L'axiome (1) est le plus naturel: si un point limite devait avoir une densité élevée, nous déplacerions simplement la limite vers l'extérieur pour inclure ce point dans la zone urbaine. Je voudrais suggérer que «relatif» signifie en proportion du maximum , comme un dixième ou un centième ou autre. Axiom (2) évite d'exclure les parcs et autres régions à faible densité qui se trouvent naturellement dans les villes. L'axiome (3) , qui parce qu'il dépend d'un seuil est quelque peu arbitraire, élimine les petits villages compacts.

En fait, il existe au moins un autre élément d'arbitraire: toute carte quadrillée de la densité de population fait implicitement la moyenne des populations sur les quartiers locaux (égale à une cellule dans certains cas et égale à un rayon de noyau pour les estimations de densité de noyau). Acceptons cette taille de voisinage implicite (qui peut être modifiée en exécutant d'abord des moyens focaux ou d'autres lissages de noyau sur la carte de densité d'origine), ce seuil de population et le sens de «relativement élevé» dans l'axiome 1 comme paramètres réglables par l' utilisateur qui contrôlent la résultat.

Ces axiomes conduisent naturellement à un algorithme assez simple : il faut localiser les maxima locaux, regarder dans leur voisinage jusqu'à ce qu'une limite soit trouvée pour satisfaire l'axiome (1), remplir tous les trous pour satisfaire l'axiome (2), puis filtrer toutes ces zones candidates selon (3). Cela se fait comme suit:

  1. Facultativement, lissez la carte de densité.

  2. Exécutez un algorithme de «remplissage» sur une carte liée à la densité (voir ci-dessous).

  3. RegionGroup le résultat.

  4. Supprimez les trous des polygones RegionGrouped.

  5. Effectuez des sommes zonales de la densité de population sur les polygones remplis.

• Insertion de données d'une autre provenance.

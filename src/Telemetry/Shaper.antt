-- ===== src/Telemetry/Shaper.antt =====
-- `CalculateAdaptiveSQMRates` and `UpdateEWMALatency` of telemetry.go. A rate is printed by the caller.
use beryl7_ai_agent.Base.{
  ◌≡◌, refl, ◌⊎◌, inl, inr, Bool, false, ◌&&◌, ◌||◌, if◌then◌else◌, Bool-cases,
}
use beryl7_ai_agent.Base.Float.{Float64}
use beryl7_ai_agent.Telemetry.Collect.{Collector}

module _ (fl : Float64) where
  open fl use {F, lit, lt, le, add, sub, mul, div, sqrt}

  abbrev pub is_spike : F → F → Bool
  is_spike latency z_score = lt (lit 20 1) z_score || lt (lit 800 1) latency

  abbrev pub backed_off : F → F → F
  backed_off last peak = if lt (lit 500 1) last && lt last (mul peak (lit 75 2)) then last else peak

  abbrev pub at_least_default : F → F
  at_least_default peak =
      let default = div (lit 2000000 1) (lit 10000 1) in if lt default peak then peak else default

  abbrev pub floor_of : F → F
  floor_of peak =
      let half = mul (mul peak (lit 10000 1)) (lit 50 2) in
      if lt (lit 500000 1) half then half else lit 500000 1

  abbrev pub clamped : F → F → F
  clamped floor rate =
      if lt rate floor then floor else if lt (lit 9000000 1) rate then lit 9000000 1 else rate

  -- The rate in kbit/s of one direction, by its peak
  unfoldable pub shaper_rate : Bool → F → F
  shaper_rate spike peak =
      let shaper = mul (mul (at_least_default peak) (lit 10000 1)) (lit 80 2) in
      clamped (floor_of peak) (if spike then mul shaper (lit 85 2) else shaper)

  abbrev pub recalibrated : Bool → Collector fl → Collector fl
  recalibrated spike c =
      if spike
      then record c {
        peak_dl_mbps = backed_off c.last_dl_mbps c.peak_dl_mbps;
        peak_ul_mbps = backed_off c.last_ul_mbps c.peak_ul_mbps;
      }
      else c

  -- `CalculateAdaptiveSQMRates`
  unfoldable pub calculate_adaptive_sqm_rates : F → F → Collector fl → (F × F) × Collector fl
  unfolding shaper_rate
  calculate_adaptive_sqm_rates latency z_score c =
      let spike = is_spike latency z_score in
      let c' = recalibrated spike c in
      ((shaper_rate spike c'.peak_dl_mbps, shaper_rate spike c'.peak_ul_mbps), c')

  -- `UpdateEWMALatency`, on the mean and the variance: the score, the mean and the variance.
  unfoldable pub update_ewma_latency : F → F → F × F → F × F × F
  update_ewma_latency latency alpha₀ (mean, variance) =
      let alpha = if le alpha₀ (lit 0 0) || le (lit 1 0) alpha₀ then lit 2 1 else alpha₀ in
      if le mean (lit 0 0) && le (lit 0 0) mean
      then (lit 0 0, latency, lit 0 0)
      else let diff = sub latency mean in
        let mean' = add mean (mul alpha diff) in
        let variance' = mul (sub (lit 1 0) alpha) (add variance (mul (mul alpha diff) diff)) in
        let deviation = if lt (lit 0 0) variance' then sqrt variance' else lit 0 0 in
        (
          if lt (lit 0 0) deviation then div (sub latency mean') deviation else lit 0 0,
          mean',
          variance',
        )

  -- A rate is in a range, whose lower end may lie above the upper one.
  pub record InRates (floor rate : F) : Type 0 where
    pub low : lt rate floor ≡ false
    pub high : (lt (lit 9000000 1) rate ≡ false) ⊎ (rate ≡ floor)

  clamped-InRates :
      (floor rate : F) → lt (lit 9000000 1) floor ≡ false → InRates floor (clamped floor rate)
  clamped-InRates floor rate h = elim (Bool-cases (lt rate floor)) [
    | inl e ↦ rw e (record { low = fl.lt_irrefl floor; high = inr refl })
    | inr e ↦ elim (Bool-cases (lt (lit 9000000 1) rate)) [
      | inl f ↦ rw (e, f) (record { low = h; high = inl (fl.lt_irrefl (lit 9000000 1)) })
      | inr f ↦ rw (e, f) (record { low = e; high = inl f })
    ]
  ]

  -- Both rates lie between the floor of their peak and 900 000 kbit/s, as long as no floor lies above that.
  pub calculate_adaptive_sqm_rates-InRates :
      (latency z_score : F) (c : Collector fl)
      → lt
          (lit 9000000 1)
          (floor_of ((calculate_adaptive_sqm_rates latency z_score c).1.peak_dl_mbps))
        ≡ false
      → lt
          (lit 9000000 1)
          (floor_of ((calculate_adaptive_sqm_rates latency z_score c).1.peak_ul_mbps))
        ≡ false
      → let ((dl, ul), c') = calculate_adaptive_sqm_rates latency z_score c in
        InRates (floor_of c'.peak_dl_mbps) dl × InRates (floor_of c'.peak_ul_mbps) ul
  unfolding calculate_adaptive_sqm_rates shaper_rate
  calculate_adaptive_sqm_rates-InRates latency z_score c h k =
      (clamped-InRates _ _ h, clamped-InRates _ _ k)
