-- ===== src/Telemetry/Wan.antt =====
-- `readMultiWANStats` of telemetry.go: the state of the WAN and its counters, from the interfaces and the text of
-- /proc/net/dev.
use beryl7_ai_agent.Base.{
  ℕ, zero, suc, ◌+◌, ◌-◌, ◌*◌, ◌/◌, ◌%◌, ◌^◌, ◌≤◌, ◌<◌, ◌≡◌, refl, ap, Bool, true, false, not, ◌&&◌,
  ◌||◌, Option, none, some, List, [], ◌∷◌, ◌++◌, ◌==◌, ltb, leb, if◌then◌else◌, Bool-cases, inl,
  inr, arith,
}
use beryl7_ai_agent.Base.Text.{Text, codes, text_eq, has_prefix, contains}
pub mod Offline
use beryl7_ai_agent.Telemetry.Proc.{parse_proc_net_dev_interface}

pub record Iface : Type 0 where
  pub name : Text
  pub is_up : Bool

unfoldable pub is_wan : Text → Bool
is_wan name =
    has_prefix name (codes "wan")
    || (has_prefix name (codes "eth0")
        || (has_prefix name (codes "eth1")
            || (has_prefix name (codes "tun") || has_prefix name (codes "apclii"))))

-- The digits of a number below 10 to the power of the fuel
unfoldable pub digits : ℕ → ℕ → Text
digits zero n = []
digits (suc fuel) n =
    let later = digits fuel (n / 10) in
    if ltb n 10 then (48 + n) ∷ [] else later ++ (48 + n % 10) ∷ []

-- A number in decimal. The fuel is one more than the number.
abbrev pub itoa : ℕ → Text
itoa n = digits (suc n) n

-- How many of the interfaces to the WAN are up, and how many there are
unfoldable pub count_wans : List Iface → ℕ × ℕ
count_wans [] = (0, 0)
count_wans (i ∷ rest) =
    let (active, total) = count_wans rest in
    if is_wan i.name then ((if i.is_up then active + 1 else active), total + 1) else (active, total)

unfoldable pub sum_counters : (Text → ℕ × ℕ) → List Iface → ℕ × ℕ
sum_counters counters [] = (0, 0)
sum_counters counters (i ∷ rest) =
    let (rx, tx) = sum_counters counters rest in
    if is_wan i.name
    then ((rx + (counters i.name).0) % 2 ^ 64, (tx + (counters i.name).1) % 2 ^ 64)
    else (rx, tx)

abbrev pub status_text : ℕ → ℕ → Text
status_text active total =
    if active == total
    then codes "Active (" ++ itoa active ++ codes "/" ++ itoa total ++ codes ")"
    else if ltb 0 active
    then codes "Partial (" ++ itoa active ++ codes "/" ++ itoa total ++ codes " Active)"
    else codes "Offline (0/" ++ itoa total ++ codes ")"

-- `readMultiWANStats`, given the text of /proc/net/dev, which is empty when it cannot be read
unfoldable pub read_multi_wan_stats : Text → Option (List Iface) → Text × ℕ × ℕ
unfolding count_wans sum_counters
read_multi_wan_stats content none = (codes "up (1/1)", 0, 0)
read_multi_wan_stats content (some ifaces) =
    let (active, total) = count_wans ifaces in
    let (rx, tx) = sum_counters (parse_proc_net_dev_interface content) ifaces in
    if total == 0 then (codes "up (1/1)", 1000000, 500000) else (status_text active total, rx, tx)
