-- ===== src/Telemetry/Wan/Offline.antt =====
-- The status of the WAN is read as offline by the main loop exactly when the interfaces to the WAN are down.
use beryl7_ai_agent.Base.{
  ℕ, zero, suc, ◌+◌, ◌-◌, ◌*◌, ◌/◌, ◌≤◌, ◌<◌, ◌≡◌, refl, Bool, true, false, not, ◌&&◌, ◌||◌, some,
  List, [], ◌∷◌, ◌++◌, ◌==◌, ltb, if◌then◌else◌, Bool-cases, inl, inr, arith,
}
use beryl7_ai_agent.Base.Text.{Text, codes, text_eq, contains}
use beryl7_ai_agent.Healing.Detect.{names_offline}
use beryl7_ai_agent.Telemetry.Wan.{
  Iface, is_wan, digits, itoa, count_wans, status_text, read_multi_wan_stats,
}

-- No letter of a text is an O.
lacks_o : Text → Bool
lacks_o [] = true
lacks_o (c ∷ s) = not (c == b'O') && lacks_o s

lacks_o-append : (s t : Text) → lacks_o s ≡ true → lacks_o t ≡ true → lacks_o (s ++ t) ≡ true
unfolding lacks_o
lacks_o-append [] t h k = k
lacks_o-append (c ∷ s) t h k = ground (arith, lacks_o-append s t)

lacks_o-digits : (fuel n : ℕ) → lacks_o (digits fuel n) ≡ true
unfolding lacks_o digits
lacks_o-digits zero n = refl
lacks_o-digits (suc fuel) n = elim (Bool-cases (ltb n 10)) [
  | inl e ↦ rw e (ground arith)
  | inr e ↦
      rw e (lacks_o-append (digits fuel (n / 10)) _ (lacks_o-digits fuel (n / 10)) (ground arith))
]

contains-lacks_o : (s t : Text) → lacks_o s ≡ true → contains s (b'O' ∷ t) ≡ false
unfolding lacks_o
contains-lacks_o [] t h = refl
contains-lacks_o (c ∷ s) t h = ground (arith, contains-lacks_o s t)

text_eq-lacks_o : (s t : Text) → lacks_o s ≡ true → text_eq s (b'O' ∷ t) ≡ false
unfolding lacks_o
text_eq-lacks_o [] t h = refl
text_eq-lacks_o (c ∷ s) t h = ground arith

names_offline-lacks_o : (s : Text) → lacks_o s ≡ true → names_offline s ≡ false
names_offline-lacks_o s h = rw (text_eq-lacks_o s _ h, contains-lacks_o s _ h) refl

-- The number that the digits of a text stand for
value_from : Text → ℕ → ℕ
value_from [] acc = acc
value_from (c ∷ s) acc = value_from s (acc * 10 + (c - 48))

value_from-append :
    (s t : Text) (acc : ℕ) → value_from (s ++ t) acc ≡ value_from t (value_from s acc)
unfolding value_from
value_from-append [] t acc = refl
value_from-append (c ∷ s) t acc = value_from-append s t (acc * 10 + (c - 48))

value_from-digits : (fuel n : ℕ) → n < fuel → value_from (digits fuel n) 0 ≡ n
unfolding value_from digits
value_from-digits zero n h = ground arith
value_from-digits (suc fuel) n h = elim (Bool-cases (ltb n 10)) [
  | inl e ↦ rw e (ground arith)
  | inr e ↦
      rw
        (
          e,
          value_from-append (digits fuel (n / 10)) _ 0,
          value_from-digits fuel (n / 10) (ground arith),
        )
        (ground arith)
]

-- The fuel of `itoa` is enough: its text stands for the number.
value_from-itoa : (n : ℕ) → value_from (itoa n) 0 ≡ n
value_from-itoa n = value_from-digits (suc n) n (omega arith)

unfoldable pub has_wan : List Iface → Bool
has_wan [] = false
has_wan (i ∷ rest) = is_wan i.name || has_wan rest

unfoldable pub has_wan_up : List Iface → Bool
has_wan_up [] = false
has_wan_up (i ∷ rest) = (is_wan i.name && i.is_up) || has_wan_up rest

count_wans-≤ : (ifaces : List Iface) → (count_wans ifaces).0 ≤ (count_wans ifaces).1
unfolding count_wans
count_wans-≤ [] = ground arith
count_wans-≤ (i ∷ rest) = ground (arith, count_wans-≤ rest)

count_wans-has_wan : (ifaces : List Iface) → has_wan ifaces ≡ ltb 0 (count_wans ifaces).1
unfolding count_wans has_wan
count_wans-has_wan [] = refl
count_wans-has_wan (i ∷ rest) = ground (arith, count_wans-has_wan rest)

count_wans-has_wan_up : (ifaces : List Iface) → has_wan_up ifaces ≡ ltb 0 (count_wans ifaces).0
unfolding count_wans has_wan_up
count_wans-has_wan_up [] = refl
count_wans-has_wan_up (i ∷ rest) = ground (arith, count_wans-has_wan_up rest)

-- Two numbers in a text without an O
lacks_o-counts :
    (before after : Text) (active total : ℕ)
    → lacks_o before ≡ true
    → lacks_o after ≡ true
    → lacks_o (before ++ itoa active ++ codes "/" ++ itoa total ++ after) ≡ true
unfolding lacks_o
lacks_o-counts before after active total h k =
    let first = lacks_o-append before (itoa active) h (lacks_o-digits (suc active) active) in
    let slash = lacks_o-append (before ++ itoa active) (codes "/") first refl in
    let both =
      lacks_o-append (before ++ itoa active ++ codes "/") (itoa total) slash
        (lacks_o-digits (suc total) total) in
    lacks_o-append (before ++ itoa active ++ codes "/" ++ itoa total) after both k

names_offline-status_text :
    (active total : ℕ)
    → active ≤ total
    → 0 < total
    → names_offline (status_text active total) ≡ not (ltb 0 active)
unfolding lacks_o
names_offline-status_text active total le h = elim (Bool-cases (active == total)) [
  | inl e ↦
      rw
        (
          e,
          names_offline-lacks_o _
              (lacks_o-counts (codes "Active (") (codes ")") active total refl refl),
        )
        (ground arith)
  | inr e ↦ elim (Bool-cases (ltb 0 active)) [
    | inl k ↦
        rw
          (
            e,
            k,
            names_offline-lacks_o _
                (lacks_o-counts (codes "Partial (") (codes " Active)") active total refl refl),
          )
          refl
    | inr k ↦ rw (e, k) (ground arith)
  ]
]

names_offline-answer :
    (active total rx tx : ℕ)
    → active ≤ total
    → (let answer : Text × ℕ × ℕ =
          (if total == 0
            then (codes "up (1/1)", 1000000, 500000)
            else (status_text active total, rx, tx)) in
        names_offline answer.0)
      ≡ (ltb 0 total && not (ltb 0 active))
names_offline-answer active total rx tx le = elim (Bool-cases (total == 0)) [
  | inl e ↦ rw e (ground arith)
  | inr e ↦ rw e (rw (names_offline-status_text active total le (ground arith)) (ground arith))
]

-- When the interfaces of the router can be read, the main loop takes the status of the WAN for offline exactly when
-- there is an interface to the WAN and none of them is up.
pub read_multi_wan_stats-offline :
    (content : Text) (ifaces : List Iface)
    → names_offline (read_multi_wan_stats content (some ifaces)).0
      ≡ (has_wan ifaces && not (has_wan_up ifaces))
unfolding read_multi_wan_stats
read_multi_wan_stats-offline content ifaces =
    rw (count_wans-has_wan ifaces, count_wans-has_wan_up ifaces)
      (names_offline-answer (count_wans ifaces).0 (count_wans ifaces).1 _ _ (count_wans-≤ ifaces))
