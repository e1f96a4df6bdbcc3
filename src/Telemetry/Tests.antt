-- ===== src/Telemetry/Tests.antt =====
-- The collector of telemetry.go at examples.
use beryl7_ai_agent.Base.{
  ◌++◌, ℕ, not, ◌&&◌, List, ◌∷◌, ◌*◌, ◌≡◌, refl, true, false, Option, none, some, [], arith,
}
use beryl7_ai_agent.Base.Int.{ℤ, pos}
use beryl7_ai_agent.Base.Text.{Text, codes}
use beryl7_ai_agent.Base.Fixed.{fixed}
use beryl7_ai_agent.Executor.Effects.{World}
use beryl7_ai_agent.Executor.Dispatch.{execute_action}
use beryl7_ai_agent.Executor.Guards.{is_not_wifi}
use beryl7_ai_agent.Executor.Programs.{all_ran}
use beryl7_ai_agent.Telemetry.Collect.{Collector, Reading}
use beryl7_ai_agent.Telemetry.Traffic.{
  bulk, idle, count_cycles, no_cycles, is_bulk_download_active, bulk-lingers,
}
use beryl7_ai_agent.Telemetry.Proc.{
  fields, parse_uint, after_colon, counters_in, parse_proc_net_dev_interface, count_clients,
  is_client, read_active_clients,
}
use beryl7_ai_agent.Telemetry.Wan.{Iface, is_wan, read_multi_wan_stats}
use beryl7_ai_agent.Telemetry.Wan.Offline.{has_wan, has_wan_up, read_multi_wan_stats-offline}
use beryl7_ai_agent.Healing.Detect.{names_offline}
use beryl7_ai_agent.Telemetry.Clients.{provider, is_repeater_active, provider-no_reload}

abbrev collector : Collector fixed
collector = record {
  last_collect = none;
  last_rx_bytes = 0;
  last_tx_bytes = 0;
  last_dl_mbps = fixed.lit 0 0;
  last_ul_mbps = fixed.lit 0 0;
  peak_dl_mbps = fixed.lit 0 0;
  peak_ul_mbps = fixed.lit 0 0;
  active_clients_count = 3;
  cycles = no_cycles;
  last_metric = none;
}

-- The router with its collector, which may or may not hear from each band
abbrev router : Option ℕ → Option ℕ → World
router band₀ band₁ = record {
  is_linux = true;
  look_path = λ _. true;
  stat_ok = λ _ _. true;
  stat_not_exist = λ _ _. false;
  write_ok = λ _ _. true;
  command_ok = λ _ _. true;
  is_done = λ _. false;
  telemetry = some (provider fixed band₀ band₁ none collector);
  to_lower = λ s. s;
  to_upper = λ s. s;
  remove_colons = λ s. s;
}

bulk-lingers_example :
    is_bulk_download_active (count_cycles 700 idle (count_cycles 720 bulk no_cycles)) ≡ true
bulk-lingers_example = bulk-lingers 720 700

provider-no_reload_example :
    all_ran is_not_wifi (
      (execute_action
        (router none (some 2))
        (some (record { action_name = "align_channels"; target = "wan"; parameters = [] }))
        false
        []).1)
    ≡ true
provider-no_reload_example =
    provider-no_reload fixed (router none (some 2)) none (some 2) none collector
      (some (record { action_name = "align_channels"; target = "wan"; parameters = [] })) false refl
      (omega arith)

no_uplink : (is_repeater_active none).0 ≡ false
unfolding is_repeater_active
no_uplink = refl

abbrev reading : Reading fixed
reading = record {
  now = 9;
  cpu_usage_pct = fixed.lit 10 0;
  ram_usage_pct = fixed.lit 40 0;
  hardware_temp_c = fixed.lit 50 0;
  active_clients = 2;
  status = codes "Active (1/1)";
  rx_bytes = 5;
  tx_bytes = 5;
  ping_latency = fixed.lit 20 0;
}

abbrev to_fixed : ℕ → ℤ
to_fixed n = pos (n * 10000)

-- The counters of wan, and the line of another interface whose name ends like eth0
abbrev proc_net_dev : Text
proc_net_dev =
    codes "Inter-|   Receive\n"
    ++ codes "   wan: 700 1 0 0 0 0 0 0 900 1 0 0 0 0 0 0\n"
    ++ codes " veth0: 11 1 0 0 0 0 0 0 22 1 0 0 0 0 0 0\n"
    ++ codes "  eth0: 33 1 0 0 0 0 0 0 44 1 0 0 0 0 0 0\n"

reads_wan : parse_proc_net_dev_interface proc_net_dev (codes "wan") ≡ (700, 900)
unfolding parse_proc_net_dev_interface counters_in after_colon fields parse_uint
reads_wan = refl

-- The counters that eth0 is given are those of veth0, whose line contains `eth0:`.
reads_eth0 : parse_proc_net_dev_interface proc_net_dev (codes "eth0") ≡ (11, 22)
unfolding parse_proc_net_dev_interface counters_in after_colon fields parse_uint
reads_eth0 = refl

counts_client :
    read_active_clients (
      some (
        codes "IP address HW type Flags HW address\n"
        ++ codes "192.168.8.2 0x1 0x2 aa:bb:cc:00:00:01 *\n"
        ++ codes "192.168.8.3 0x1 0x0 00:00:00:00:00:00 *\n"))
    ≡ 1
unfolding read_active_clients count_clients is_client fields
counts_client = refl

abbrev ifaces : List Iface
ifaces =
    record { name = codes "br-lan"; is_up = true }
    ∷ record { name = codes "wan"; is_up = false }
    ∷ record { name = codes "eth0"; is_up = false }
    ∷ []

read_multi_wan_stats-offline_example :
    names_offline (read_multi_wan_stats proc_net_dev (some ifaces)).0
    ≡ (has_wan ifaces && not (has_wan_up ifaces))
read_multi_wan_stats-offline_example = read_multi_wan_stats-offline proc_net_dev ifaces

-- With the link to the provider down, the example is offline.
ifaces-offline : (has_wan ifaces && not (has_wan_up ifaces)) ≡ true
unfolding has_wan has_wan_up is_wan
ifaces-offline = refl
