-- ===== src/Watchdog/Persistence.antt =====
-- What a checkpoint of watchdog.go carries over a restart.
use text.Mathlib.TextPositions.{eq_refl}
use beryl7_ai_agent.Base.{◌≡◌, refl, String, true, Option, none}
use beryl7_ai_agent.Watchdog.{
  Body, Contents, Watchdog, System, Settings, save_checkpoint, load_and_verify, new_watchdog,
}

module _ (digest : Body → String) where
  -- What a save that succeeds writes is read back by a new watchdog: it starts in the same mode, with
  -- the same count of checks, whatever settings in valid Unicode were saved and whatever the disk held before.
  pub load-save :
      (sys : System) (config : Settings) (w : Watchdog) (disk : Option Contents)
      → sys.write_ok ≡ true
      → sys.rename_ok ≡ true
      → let (error, disk') = save_checkpoint digest sys config w disk in
        let w' = new_watchdog digest disk' in
        (error ≡ none) × (w'.safe_mode ≡ w.safe_mode) × (w'.checks ≡ w.checks)
  unfolding save_checkpoint new_watchdog load_and_verify
  load-save sys config w disk a b = rw (a, b) (simp eq_refl (refl, refl, refl))
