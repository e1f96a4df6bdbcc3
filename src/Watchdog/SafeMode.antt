-- ===== src/Watchdog/SafeMode.antt =====
-- How safe mode of watchdog.go ends.
use beryl7_ai_agent.Base.{
  ℕ, suc, ◌+◌, ◌≤◌, ◌<◌, ◌≡◌, sym, ◌∙◌, ap, String, true, false, Option, List, [], ◌∷◌, length, ltb,
  arith,
}
use native.Mathlib.Decide.{dec_lt}
use beryl7_ai_agent.Base.Int.{pos, ◌+ℤ◌}
use beryl7_ai_agent.Watchdog.{Body, Contents, Watchdog, System, record_health_check_success}

module _ (digest : Body → String) where
  -- A health check that succeeds for each of the systems.
  pub record_all : List System → Watchdog × Option Contents → Watchdog × Option Contents
  record_all [] s = s
  record_all (sys ∷ rest) (w, disk) =
      let (_, w', disk') = record_health_check_success digest sys w disk in
      record_all rest (w', disk')

  record-off :
      (sys : System) (w : Watchdog) (disk : Option Contents)
      → w.safe_mode ≡ false
      → (record_health_check_success digest sys w disk).1.safe_mode ≡ false
  unfolding record_health_check_success
  record-off sys w disk off = ground arith

  record-on :
      (sys : System) (w : Watchdog) (disk : Option Contents) (k : ℕ)
      → w.safe_mode ≡ true
      → w.checks ≡ pos k
      → suc k < 5
      → let w' = (record_health_check_success digest sys w disk).1 in
        (w'.safe_mode ≡ true) × (w'.checks ≡ pos (suc k))
  unfolding record_health_check_success ◌+ℤ◌
  record-on sys w disk k on e lt = ground arith

  record-last :
      (sys : System) (w : Watchdog) (disk : Option Contents) (k : ℕ)
      → w.checks ≡ pos k
      → 5 ≤ suc k
      → (record_health_check_success digest sys w disk).1.safe_mode ≡ false
  unfolding record_health_check_success ◌+ℤ◌
  record-last sys w disk k e le = ground arith

  record_all-off :
      (l : List System) (w : Watchdog) (disk : Option Contents)
      → w.safe_mode ≡ false
      → (record_all l (w, disk)).0.safe_mode ≡ false
  unfolding record_all
  record_all-off [] w disk off = off
  record_all-off (sys ∷ rest) w disk off =
      let (_, w', disk') = record_health_check_success digest sys w disk in
      record_all-off rest w' disk' (record-off sys w disk off)

  -- A watchdog in safe mode with `k` of its five checks stays in safe mode until the fifth success,
  -- leaves it with that one, and does not return to it by any more of them.
  pub safe_mode-record_all :
      (l : List System) (w : Watchdog) (disk : Option Contents) (k : ℕ)
      → w.safe_mode ≡ true
      → w.checks ≡ pos k
      → k < 5
      → (record_all l (w, disk)).0.safe_mode ≡ ltb (k + length l) 5
  unfolding record_all
  safe_mode-record_all [] w disk k on e lt = on ∙ ground arith
  safe_mode-record_all (sys ∷ rest) w disk k on e lt =
      let (_, w', disk') = record_health_check_success digest sys w disk in
      elim (dec_lt (suc k) 5) [
        | yes more ↦
            let (on', e') = record-on sys w disk k on e more in
            safe_mode-record_all rest w' disk' (suc k) on' e' more ∙ ap (λ n. ltb n 5) (omega arith)
        | no last ↦
            record_all-off rest w' disk' (record-last sys w disk k e (omega arith))
            ∙ sym (ground arith)
      ]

  6. Éliminez tous les polygones dont les sommes (ou densités moyennes) sont inférieures au seuil de population (densité).

Ce qui reste est votre solution.

Permettez-moi d'en dire un peu plus sur l'étape (1), qui est la clé. Un algorithme de remplissage identifie les «puits» et les «remplit» jusqu'à une quantité constante au-dessus de leurs élévations. C'est exactement ce que nous demande Axiom (1), à condition (a) que nous puissions faire "couler" jouer le rôle de "maximum local" et (b) faire "montant constant au-dessus" jouer le rôle de " fraction constante de. " Pour ce faire, remplissez le logarithme négatif de la densitéplutôt que la densité elle-même. (Ajoutez d'abord une toute petite constante à la densité - disons, environ 0,1 personne par kilomètre carré - avant de prendre le journal, afin que les cellules contenant des zéros ne causent pas de problèmes.) Les "lacs" dans la densité de journal négative identifient le candidat zones urbaines. Vous avez encore trois paramètres indépendants avec lesquels jouer (entrée aux étapes 0, 1 et 5); les définir nécessitera une réflexion sur ce que vous entendez vraiment par «zone urbaine» ainsi qu'une certaine expérimentation.

whuber
la source
Merci pour votre réponse détaillée. J'essaierai de trouver les bons outils logiciels (ou de les programmer) pour tester l'algorithme de remplissage avec le journal négatif, cela semble une bonne piste.